__WHAT IS BEING ASKED__
Search the data below, and report every line in which "unfolding" occurs.

Saved data entries
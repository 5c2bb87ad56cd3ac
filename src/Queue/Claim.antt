-- ===== src/Queue/Claim.antt =====
-- `claim`: the pending job with the least identifier goes to the worker that asks.
use verifier_ci.Prelude.{
  ℕ, zero, suc, ◌+◌, Bool, true, false, ◌&&◌, Option, none, some, List, [], ◌∷◌, ◌++◌,
  if◌then◌else◌, ◌==◌, leb, count_if, is_some,
}
use verifier_ci.Errors.{ErrorClass}
use verifier_ci.Models.Job.{Key, Job, JobState, is_pending}
use verifier_ci.Models.Attempt.{Validity, Disposition}
use verifier_ci.Queue.Database.{
  Database, AttemptRow, Result, ok, err, out_of_fuel, find_run, find_attempt, update_jobs, has_id,
}
use verifier_ci.Queue.RunState.{update_run_state}

-- The arguments of `claim`, and the two random values that it draws: the identity of the new
-- attempt and the secret lease token.
pub record ClaimRequest : Type 0 where
  pub worker_id : Key
  pub now_ms : ℕ
  pub run_id : Option Key
  pub lease_duration_ms : ℕ
  pub new_attempt_id : Key
  pub new_lease_token : Key

-- `DEFAULT_LEASE_MS`
abbrev pub default_lease_ms : ℕ
default_lease_ms = 30_000

abbrev pub in_run : Option Key → Job → Bool
in_run none j = true
in_run (some run) j = j.run_id == run

abbrev pub is_claimable : Option Key → Job → Bool
is_claimable run j = is_pending j.state && in_run run j

abbrev pub earlier : Job → Option Job → Job
earlier j none = j
earlier j (some k) = if leb j.job_id k.job_id then j else k

-- `SELECT … WHERE p ORDER BY job_id ASC LIMIT 1`
unfoldable pub least_job : (Job → Bool) → List Job → Option Job
least_job p [] = none
least_job p (j ∷ js) = if p j then some (earlier j (least_job p js)) else least_job p js

unfoldable pub run_is_cancelled : Key → Database → Bool
run_is_cancelled run db = elim (find_run run db.runs) [ none ↦ false | some r ↦ r.cancel_requested ]

abbrev pub is_pending_in : Key → Job → Bool
is_pending_in run j = (j.run_id == run) && is_pending j.state

abbrev pub cancelled_job : Job → Job
cancelled_job j = record j { state = JobState.failed; terminal_reason = some "CANCELLED" }

-- The pending jobs of a cancelled run fail.
abbrev pub fail_pending : Key → Database → Database
fail_pending run db = update_jobs (is_pending_in run) cancelled_job db

abbrev pub claimed_job : ClaimRequest → Job → Job → Job
claimed_job r row j = record j {
  state = JobState.claimed;
  fence = row.fence + 1;
  attempt_id = some r.new_attempt_id;
  lease_token = some r.new_lease_token;
  worker_id = some r.worker_id;
  lease_expires_ms = some (r.now_ms + r.lease_duration_ms);
  attempts_started = row.attempts_started + 1;
}

-- The row that `claim` inserts.
abbrev pub new_attempt : ClaimRequest → Job → AttemptRow
new_attempt r row = record {
  attempt_id = r.new_attempt_id;
  job_id = row.job_id;
  fence = row.fence + 1;
  outcome = none;
  evaluation_validity = Validity.pending;
  error_code = none;
  disposition = Disposition.active;
  started_at = r.now_ms;
  finished_at = none;
  exit_code = none;
  stdout_hash = none;
  stderr_hash = none;
  report_digest = none;
  test_collection = [];
  tests_passed = none;
  tests_failed = none;
  resources = none;
  artifact_digests = [];
  capture_truncated = false;
}

-- The job that `claim` returns.
abbrev pub claimed_handle : ClaimRequest → Job → Job
claimed_handle r row = record (claimed_job r row row) {
  selected_attempt_id = none;
  terminal_reason = none;
}

-- The statements behind the UPDATE of the selected row: the INSERT, refused if the attempt
-- identity is taken, and the update of the run.
unfoldable pub grant : ClaimRequest → Job → Database → Result (Option Job × Database)
grant r row db =
    if is_some (find_attempt r.new_attempt_id db.attempts)
    then err ErrorClass.foreign
    else ok (
      some (claimed_handle r row),
      update_run_state row.run_id r.now_ms
          (record (update_jobs (λ j. has_id row.job_id j && is_pending j.state) (claimed_job r row)
            db) { attempts = db.attempts ++ new_attempt r row ∷ [] }),
    )

-- The `while True` loop, with one round of fuel for each pass. A pass goes round again when it met
-- a cancelled run, or when the UPDATE matched no row.
unfoldable pub claim_loop : ℕ → ClaimRequest → Database → Result (Option Job × Database)
unfolding least_job run_is_cancelled grant
claim_loop zero r db = out_of_fuel
claim_loop (suc fuel) r db = elim (least_job (is_claimable r.run_id) db.jobs) [
  | none ↦ ok (none, db)
  | some row ↦ elim (run_is_cancelled row.run_id db) [
    | true ↦ claim_loop fuel r (update_run_state row.run_id r.now_ms (fail_pending row.run_id db))
    | false ↦ elim (count_if (λ j. has_id row.job_id j && is_pending j.state) db.jobs) [
      | zero ↦ claim_loop fuel r db
      | suc _ ↦ grant r row db
    ]
  ]
]

-- A round that goes on has failed a pending job at least, so one round for each, and one more, do.
unfoldable pub claim : ClaimRequest → Database → Result (Option Job × Database)
unfolding claim_loop
claim r db = claim_loop (suc (count_if (λ j. is_pending j.state) db.jobs)) r db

__COMPLETED TASK__
unfolding least_job run_is_cancelled grant
unfolding claim_loop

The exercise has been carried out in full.